Spatio-Temporal Latent Graph Structure Learning for Traffic Forecasting

Accurate traffic forecasting, the foundation of intelligent transportation systems (ITS), has never been more significant than nowadays due to the prosperity of the smart cities and urban computing. Recently, Graph Neural Network truly outperforms the traditional methods. Nevertheless, the most conventional GNN based model works well while given a pre-defined graph structure. And the existing methods of defining the graph structures focus purely on spatial dependencies and ignored the temporal correlation. Besides, the semantics of the static pre-defined graph adjacency applied during the whole training progress is always incomplete, thus overlooking the latent topologies that may fine-tune the model. To tackle these challenges, we proposed a new traffic forecasting framework--Spatio-Temporal Latent Graph Structure Learning networks (ST-LGSL).
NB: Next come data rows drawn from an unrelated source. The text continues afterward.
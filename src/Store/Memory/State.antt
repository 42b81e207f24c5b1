-- ===== src/Store/Memory/State.antt =====
-- The `Store` record of internal/store/memory/memory_store.go, and the step that its methods share:
-- find an element by id, or fail, and write it back changed.
use vatbrain.Prelude.{Option, none, some, List, [], nat_eq}
use vatbrain.Prelude.Dict.{Dict, empty, lookup, insert}
use vatbrain.Prelude.Result.{Result, Action, ok, err, not_found, Done}
use vatbrain.Models.Common.{Uuid}
use vatbrain.Models.Episodic.{EpisodicMemory}
use vatbrain.Models.Semantic.{SemanticMemory}
use vatbrain.Models.Pitfall.{PitfallMemory}
use vatbrain.Models.Conflict.{RuleConflict}
use vatbrain.Store.{Edge}

-- The lists of pitfall edges and of consolidation runs, which no engine reads, are left out.
pub record Store (W : Type 0) : Type 0 where
  pub episodics : Dict Uuid (EpisodicMemory W)
  pub semantics : Dict Uuid (SemanticMemory W)
  pub pitfalls : Dict Uuid (PitfallMemory W)
  pub edges : List (Edge W)
  pub rule_conflicts : Dict Uuid RuleConflict

-- `NewStore`
abbrev pub new_store : {W : Type 0} → Store W
new_store = record {
  episodics = empty;
  semantics = empty;
  pitfalls = empty;
  edges = [];
  rule_conflicts = empty;
}

-- `v, ok := m[id]; if !ok { return not found }`, and the change of the element in place.
abbrev pub changed : {V : Type 0} → Uuid → (V → V) → Option V → Dict Uuid V → Result (Dict Uuid V)
changed id f none m = err not_found
changed id f (some v) m = ok (insert id (f v) m)

abbrev pub found : {V : Type 0} → Option V → Result V
found none = err not_found
found (some v) = ok v

module _ {W : Type 0} where
  abbrev pub keep_episodics :
      Store W → Result (Dict Uuid (EpisodicMemory W)) → Result Done × Store W
  keep_episodics s (ok m) = (ok tt, record s { episodics = m })
  keep_episodics s (err e) = (err e, s)

  abbrev pub keep_semantics :
      Store W → Result (Dict Uuid (SemanticMemory W)) → Result Done × Store W
  keep_semantics s (ok m) = (ok tt, record s { semantics = m })
  keep_semantics s (err e) = (err e, s)

  abbrev pub keep_pitfalls : Store W → Result (Dict Uuid (PitfallMemory W)) → Result Done × Store W
  keep_pitfalls s (ok m) = (ok tt, record s { pitfalls = m })
  keep_pitfalls s (err e) = (err e, s)

  abbrev pub keep_conflicts : Store W → Result (Dict Uuid RuleConflict) → Result Done × Store W
  keep_conflicts s (ok m) = (ok tt, record s { rule_conflicts = m })
  keep_conflicts s (err e) = (err e, s)

  abbrev pub change_episodic : Uuid → (EpisodicMemory W → EpisodicMemory W) → Action (Store W) Done
  change_episodic id f s = keep_episodics s (changed id f (lookup id s.episodics) s.episodics)

  abbrev pub change_semantic : Uuid → (SemanticMemory W → SemanticMemory W) → Action (Store W) Done
  change_semantic id f s = keep_semantics s (changed id f (lookup id s.semantics) s.semantics)

  abbrev pub change_pitfall : Uuid → (PitfallMemory W → PitfallMemory W) → Action (Store W) Done
  change_pitfall id f s = keep_pitfalls s (changed id f (lookup id s.pitfalls) s.pitfalls)

  abbrev pub change_conflict : Uuid → (RuleConflict → RuleConflict) → Action (Store W) Done
  change_conflict id f s =
      keep_conflicts s (changed id f (lookup id s.rule_conflicts) s.rule_conflicts)
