-- ===== src/Store/Memory/Conflicts.antt =====
-- internal/store/memory/conflict.go.
use vatbrain.Prelude.{
  not, ◌&&◌, String, List, some, length, keep, take, ltb, nat_eq, string_eq, ◌!=◌, if◌then◌else◌,
}
use vatbrain.Prelude.Dict.{values, insert}
use vatbrain.Prelude.Int.{ℤ, positive, pos_part}
use vatbrain.Prelude.Result.{Action, Done, ok}
use vatbrain.Prelude.Sort.{sort_by}
use vatbrain.Prelude.Text.{Text}
use vatbrain.Models.Common.{Uuid, Time, after}
use vatbrain.Models.Conflict.{RuleConflict, ConflictStatus}
use vatbrain.Store.Memory.State.{Store, change_conflict}

-- `string(c.Status)`
unfoldable pub status_text : ConflictStatus → String
status_text ConflictStatus.pending = "pending"
status_text ConflictStatus.auto_resolved = "auto_resolved"
status_text ConflictStatus.manual_resolved = "manual_resolved"
status_text ConflictStatus.dismissed = "dismissed"

module _ {W : Type 0} where
  unfoldable pub list_rule_conflicts : String → ℤ → Action (Store W) (List RuleConflict)
  list_rule_conflicts status limit s =
      let out =
        sort_by (λ (a : RuleConflict) (b : RuleConflict). after a.created_at b.created_at)
          (keep (λ (c : RuleConflict). not (status != "" && status_text c.status != status))
            (values s.rule_conflicts)) in
      (
        ok (
            if positive limit && ltb (pos_part limit) (length out)
            then take (pos_part limit) out
            else out),
        s,
      )

  unfoldable pub save_rule_conflict : RuleConflict → Action (Store W) Done
  save_rule_conflict c s = (ok tt, record s { rule_conflicts = insert c.id c s.rule_conflicts })

  unfoldable pub resolve_rule_conflict :
      Uuid → ConflictStatus → Uuid → Text → Time → Action (Store W) Done
  resolve_rule_conflict id status resolution reason at = change_conflict id λ c. record c {
    status = status;
    resolution = some resolution;
    reason = reason;
    resolved_at = some at;
  }
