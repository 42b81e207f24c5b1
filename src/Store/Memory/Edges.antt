-- ===== src/Store/Memory/Edges.antt =====
-- The edges of internal/store/memory/memory_store.go. `created_at` is the clock's reading.
use vatbrain.Prelude.{
  Bool, not, ◌&&◌, String, List, [], ◌∷◌, ◌++◌, keep, nat_eq, string_eq, ◌==◌, ◌!=◌, if◌then◌else◌,
}
use vatbrain.Prelude.Result.{Action, Done, ok}
use vatbrain.Models.Common.{Uuid, Time}
use vatbrain.Store.{Edge, Property}
use vatbrain.Store.Memory.State.{Store}

module _ {W : Type 0} where
  unfoldable pub create_edge :
      Uuid → Uuid → String → List (String × Property W) → Time → Action (Store W) Done
  create_edge from to type props now s =
      let e : Edge W = record {
        from_id = from;
        to_id = to;
        edge_type = type;
        properties = props;
        created_at = now;
      } in
      (ok tt, record s { edges = s.edges ++ e ∷ [] })

  -- the `switch direction`: any other word than "out" and "in" asks for both
  touches : Uuid → String → Edge W → Bool
  touches node direction e =
      if direction == "out"
      then e.from_id == node
      else if direction == "in"
      then e.to_id == node
      else not (e.from_id != node && e.to_id != node)

  unfoldable pub get_edges : Uuid → String → String → Action (Store W) (List (Edge W))
  unfolding touches
  get_edges node type direction s = (
    ok (keep (λ e. not (type != "" && e.edge_type != type) && touches node direction e) s.edges),
    s,
  )
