-- ===== src/Store/Memory/Episodics.antt =====
-- Episodic and semantic records of internal/store/memory/memory_store.go. Reads and writes copy the
-- record, so no caller shares one with the store.
use vatbrain.Prelude.{
  ℕ, String, List, [], ◌∷◌, some, length, nat_eq, string_eq, ◌==◌, if◌then◌else◌,
}
use vatbrain.Prelude.Dict.{Dict, lookup, insert, delete}
use vatbrain.Prelude.Result.{Action, ok, Done}
use vatbrain.Models.Common.{Uuid, Time}
use vatbrain.Models.Episodic.{EpisodicMemory}
use vatbrain.Models.Semantic.{SemanticMemory}
use vatbrain.Store.Memory.State.{Store, found, change_episodic, change_semantic}

module _ {W : Type 0} where
  unfoldable pub write_episodic : EpisodicMemory W → Action (Store W) Done
  write_episodic m s = (ok tt, record s { episodics = insert m.id m s.episodics })

  unfoldable pub get_episodic : Uuid → Action (Store W) (EpisodicMemory W)
  get_episodic id s = (found (lookup id s.episodics), s)

  unfoldable pub touch_episodic : Uuid → Time → Action (Store W) Done
  touch_episodic id now = change_episodic id (λ m. record m { last_accessed_at = some now })

  unfoldable pub update_episodic_weight : Uuid → W → W → Action (Store W) Done
  update_episodic_weight id weight freq =
      change_episodic id (λ m. record m { weight = weight; effective_frequency = freq })

  unfoldable pub mark_obsolete : Uuid → Time → Action (Store W) Done
  mark_obsolete id at = change_episodic id (λ m. record m { obsoleted_at = some at })

  -- the keys that the loop of `DeleteEpisodicByProject` deletes
  keys_in_project : String → List (Uuid × EpisodicMemory W) → List Uuid
  keys_in_project project [] = []
  keys_in_project project ((id, m) ∷ l) =
      let rest = keys_in_project project l in if m.project_id == project then id ∷ rest else rest

  delete_all : List Uuid → Dict Uuid (EpisodicMemory W) → Dict Uuid (EpisodicMemory W)
  delete_all [] d = d
  delete_all (id ∷ ids) d = delete_all ids (delete id d)

  -- Deleting while ranging visits each key once, so the keys are collected first.
  unfoldable pub delete_episodic_by_project : String → Action (Store W) ℕ
  unfolding keys_in_project delete_all
  delete_episodic_by_project project s =
      let ids = keys_in_project project s.episodics.entries in
      (ok (length ids), record s { episodics = delete_all ids s.episodics })

  unfoldable pub write_semantic : SemanticMemory W → Action (Store W) Done
  write_semantic m s = (ok tt, record s { semantics = insert m.id m s.semantics })

  unfoldable pub get_semantic : Uuid → Action (Store W) (SemanticMemory W)
  get_semantic id s = (found (lookup id s.semantics), s)

  unfoldable pub update_semantic_weight : Uuid → W → W → Action (Store W) Done
  update_semantic_weight id weight freq =
      change_semantic id (λ m. record m { weight = weight; effective_frequency = freq })

  unfoldable pub mark_semantic_obsolete : Uuid → Time → Action (Store W) Done
  mark_semantic_obsolete id at = change_semantic id (λ m. record m { obsoleted_at = some at })
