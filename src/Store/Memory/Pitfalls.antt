-- ===== src/Store/Memory/Pitfalls.antt =====
-- internal/store/memory/pitfall.go. A method that reads the clock takes its reading, `now`.
use vatbrain.Prelude.{
  ◌+◌, Bool, true, false, not, ◌&&◌, ◌||◌, String, List, some, length, keep, take, is_some, ltb,
  nat_eq, string_eq, ◌==◌, ◌!=◌, if◌then◌else◌,
}
use vatbrain.Prelude.Dict.{values, lookup, insert}
use vatbrain.Prelude.Int.{ℤ, cut_limit, positive, pos_part}
use vatbrain.Prelude.Result.{Action, Done, ok, err, invalid_action}
use vatbrain.Prelude.Sort.{sort_by}
use vatbrain.Float.{Float64, zero_f}
use vatbrain.Float.Clamp.{clamp01}
use vatbrain.Models.Common.{Uuid, Time}
use vatbrain.Models.Pitfall.{
  PitfallMemory, PitfallStatus, PitfallFeedbackAction, normalize, is_valid_feedback, weight_delta,
  pitfall_protection_level_max,
}
use vatbrain.Store.{PitfallSearchRequest}
use vatbrain.Store.Memory.State.{Store, found, change_pitfall}

module _ {W : Type 0} ⦃d : Float64 W⦄ where
  abbrev heavier_pitfall : PitfallMemory W → PitfallMemory W → Bool
  heavier_pitfall a b = d.lt b.weight a.weight

  -- the `continue` tests of `SearchPitfall`
  unfoldable pub skipped_pitfall : PitfallSearchRequest W → PitfallMemory W → Bool
  skipped_pitfall req p =
      (req.project_id != "" && p.project_id != req.project_id)
      || (req.language != "" && p.language != req.language)
      || (req.entity_id != "" && p.entity_id != req.entity_id)
      || (req.root_cause_category != "" && p.root_cause_category != req.root_cause_category)
      || (d.lt zero_f req.min_weight && d.lt p.weight req.min_weight)
      || is_some p.obsoleted_at

  unfoldable pub search_pitfall : PitfallSearchRequest W → Action (Store W) (List (PitfallMemory W))
  search_pitfall req s =
      let matching = keep (λ p. not (skipped_pitfall req p)) (values s.pitfalls) in
      (ok (take (cut_limit req.limit 10 (length matching)) (sort_by heavier_pitfall matching)), s)

  unfoldable pub search_pitfall_by_entity :
      String → String → Action (Store W) (List (PitfallMemory W))
  search_pitfall_by_entity entity project s =
      let matching =
        keep
          (λ (p : PitfallMemory W).
            p.entity_id == entity && p.project_id == project && not (is_some p.obsoleted_at))
          (values s.pitfalls) in
      (ok (sort_by heavier_pitfall matching), s)

  -- the switch of `ApplyPitfallFeedback`
  counted : PitfallFeedbackAction → PitfallMemory W → PitfallMemory W
  counted PitfallFeedbackAction.adopted p = record p { times_adopted = p.times_adopted + 1 }
  counted PitfallFeedbackAction.recurred p =
      let level = p.protection_level + 1 in
      record p {
        protection_level =
            if ltb pitfall_protection_level_max level then pitfall_protection_level_max else level;
      }
  counted _ p = p

  unfoldable pub with_feedback : PitfallFeedbackAction → Time → PitfallMemory W → PitfallMemory W
  unfolding counted
  with_feedback action now p =
      record (counted action
        (record p { weight = clamp01 (d.add p.weight (weight_delta action)) })) { updated_at = now }

  unfoldable pub apply_pitfall_feedback :
      Uuid → PitfallFeedbackAction → Time → Action (Store W) Done
  apply_pitfall_feedback id action now s =
      if is_valid_feedback action
      then change_pitfall id (with_feedback action now) s
      else (err invalid_action, s)

is_obsolete : PitfallStatus → Bool
is_obsolete PitfallStatus.obsolete = true
is_obsolete _ = false

module _ {W : Type 0} where
  unfoldable pub write_pitfall : PitfallMemory W → Action (Store W) Done
  write_pitfall p s = (ok tt, record s { pitfalls = insert p.id p s.pitfalls })

  unfoldable pub get_pitfall : Uuid → Action (Store W) (PitfallMemory W)
  get_pitfall id s = (found (lookup id s.pitfalls), s)

  unfoldable pub touch_pitfall : Uuid → Time → Action (Store W) Done
  touch_pitfall id now = change_pitfall id λ p. record p {
    last_occurred_at = some now;
    occurrence_count = p.occurrence_count + 1;
    updated_at = now;
  }

  unfoldable pub update_pitfall_weight : Uuid → W → Time → Action (Store W) Done
  update_pitfall_weight id weight now =
      change_pitfall id (λ p. record p { weight = weight; updated_at = now })

  unfoldable pub with_status : PitfallStatus → Time → PitfallMemory W → PitfallMemory W
  unfolding is_obsolete
  with_status status now p = record p {
    status = normalize status;
    obsoleted_at = if is_obsolete status then some now else p.obsoleted_at;
    updated_at = now;
  }

  unfoldable pub update_pitfall_status : Uuid → PitfallStatus → Time → Action (Store W) Done
  update_pitfall_status id status now = change_pitfall id (with_status status now)

  unfoldable pub add_pitfall_counters : Uuid → ℤ → ℤ → Time → Action (Store W) Done
  add_pitfall_counters id shown suppressed now = change_pitfall id λ p. record p {
    times_shown = if positive shown then p.times_shown + pos_part shown else p.times_shown;
    times_suppressed =
        if positive suppressed
        then p.times_suppressed + pos_part suppressed
        else p.times_suppressed;
    updated_at = now;
  }

  unfoldable pub mark_pitfall_obsolete : Uuid → Time → Time → Action (Store W) Done
  mark_pitfall_obsolete id at now =
      change_pitfall id (λ p. record p { obsoleted_at = some at; updated_at = now })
More specifically, the model employed a graph generator based on Multilayer perceptron and K-Nearest Neighbor, which learns the latent graph topological information from the entire data considering both spatial and temporal dynamics. Furthermore, with the initialization of MLP-kNN based on ground-truth adjacency matrix and similarity metric in kNN, ST-LGSL aggregates the topologies focusing on geography and node similarity. Additionally, the generated graphs act as the input of spatio-temporal prediction module combined with the Diffusion Graph Convolutions and Gated Temporal Convolutions Networks. Experimental results on two benchmarking datasets in real world demonstrate that ST-LGSL outperforms various types of state-of-art baselines.